• _Exercise aim_: In the entries that follow, find the line containing "s.parameters ≡ s.parameter_length"; from there, copy every line exactly through the line containing "let direct : ltb_ℤ".

• _Material provided_:
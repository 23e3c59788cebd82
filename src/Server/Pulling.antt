-- ===== src/Server/Pulling.antt =====
-- src/server/server.cc: ServePull as a whole, on a server between two messages.
use plug_in_ml.Base.{
  ◌≡◌, refl, false, some, none, List, [], ◌∷◌, ◌++◌, ℤ, pos, ◌-ℤ◌, ltb_ℤ, at-some, get_elem?-some,
  length, All, All-map, All-append, lookup, arith, inl, inr, Option-cases,
}
use native.Mathlib.Decide.{dec_lt}
use plug_in_ml.Message.{Message, RequestMessage}
use plug_in_ml.Communicator.{Sender}
use plug_in_ml.Server.PullInfo.{PullInfo}
use plug_in_ml.Server.State.{Server, fixed}
use plug_in_ml.Server.Pull.{pull_index, read_pull, serve_pull}
use plug_in_ml.Server.Average.{InSegment}
use plug_in_ml.Server.Answers.{Readable, serve_pull-Answers, serve_pull_waits}
use plug_in_ml.Server.Store.{Waits}
use plug_in_ml.Server.Serving.{IsServing}

module _ {F : Type 0} where
  InSegment-read_pull :
      (s : Server F) (key : ℤ)
      → length s.parameters ≡ s.parameter_length
      → InSegment s.start_key s.parameter_length key
      → Readable (read_pull s) key
  unfolding read_pull pull_index
  InSegment-read_pull s key sized i =
      let direct : ltb_ℤ (key -ℤ s.start_key) (pos 0) ≡ false = ground (arith, i.from_start) in
      rw direct
        (at-some s.parameters (key -ℤ s.start_key) i.from_start (omega (arith, i.below_end)))

  -- Serving does not depend on what was sent, nor on the copies.
  pub beside-IsServing :
      (s : Server F) (c : Sender (Message F)) (copies : List (List F))
      → IsServing s
      → IsServing (record s { sender = c; backup_parameters = copies })
  beside-IsServing s c copies v = record {
    filled = record {
      bound_pos = v.filled.bound_pos;
      agents = v.filled.agents;
      counts = v.filled.counts;
      full = v.filled.full;
      updates = v.filled.updates;
      sized = v.filled.sized;
      requests = v.filled.requests;
      peers = v.filled.peers;
      copies = v.filled.copies;
      indexed = v.filled.indexed;
      known = v.filled.known;
    };
    unfinished = v.unfinished;
  }

  waiting-IsServing :
      (s : Server F) (p : PullInfo)
      → IsServing s
      → Waits s.start_key s.parameter_length p
      → IsServing (record s { pull_request = s.pull_request ++ p ∷ [] })
  waiting-IsServing s p v w = record {
    filled = record {
      bound_pos = v.filled.bound_pos;
      agents = v.filled.agents;
      counts = v.filled.counts;
      full = v.filled.full;
      updates = v.filled.updates;
      sized = v.filled.sized;
      requests =
          All-append (Waits s.start_key s.parameter_length) s.pull_request (p ∷ [])
            v.filled.requests (w, tt);
      peers = v.filled.peers;
      copies = v.filled.copies;
      indexed = v.filled.indexed;
      known = v.filled.known;
    };
    unfinished = v.unfinished;
  }

  -- A request of an unknown node changes nothing.
  serve_pull_foreign :
      (s : Server F) (id : ℤ) (request : RequestMessage F)
      → lookup id s.id_to_index ≡ none
      → serve_pull s id request ≡ some s
  unfolding serve_pull
  serve_pull_foreign s id request e = rw (e, serve_pull) refl

  pub serve_pull-Pulled :
      (s : Server F) (id : ℤ) (request : RequestMessage F)
      → IsServing s
      → All (InSegment s.start_key s.parameter_length) request.keys
      → (s' : Server F) × (serve_pull s id request ≡ some s') × IsServing s' × (fixed s' ≡ fixed s)
  serve_pull-Pulled s id request v inside = elim (Option-cases (lookup id s.id_to_index)) [
    | inl foreign ↦ (s, serve_pull_foreign s id request foreign, v, refl)
    | inr (index, place) ↦
        let buffer =
          get_elem?-some s.version_buffer index
            (omega (arith, v.filled.indexed id index place, v.filled.agents)) in
        elim (dec_lt (length buffer.0) s.consistency_bound) [
          | yes below ↦
              let answer = serve_pull-Answers s id request index place buffer.0 buffer.1 below (
                All-map (InSegment s.start_key s.parameter_length) (Readable (read_pull s))
                  (λ key i. InSegment-read_pull s key v.filled.sized i) request.keys inside) in
              (_, answer.1, beside-IsServing s _ s.backup_parameters v, refl)
          | no ahead ↦ (
            _,
            serve_pull_waits s id request index place buffer.0 buffer.1 (omega arith),
            waiting-IsServing s _ v (record { counted = refl; inside = inside }),
            refl,
          )
        ]
  ]

  -- A pull of any node from a server that serves, with every key in the server's segment from its
  -- start on: `ServePull` reads nothing out of range, and the server serves on.
  pub serve_pull-IsServing :
      (s : Server F) (id : ℤ) (request : RequestMessage F)
      → IsServing s
      → All (InSegment s.start_key s.parameter_length) request.keys
      → (s' : Server F) × (serve_pull s id request ≡ some s') × IsServing s'
  serve_pull-IsServing s id request v inside =
      let r = serve_pull-Pulled s id request v inside in (r.0, r.1, r.2)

• _Output of the exercise_:
      → length s.parameters ≡ s.parameter_length
      → InSegment s.start_key s.parameter_length key
      → Readable (read_pull s) key
  unfolding read_pull pull_index
  InSegment-read_pull s key sized i =
      let direct : ltb_ℤ (key -ℤ s.start_key) (pos 0) ≡ false = ground (arith, i.from_start) in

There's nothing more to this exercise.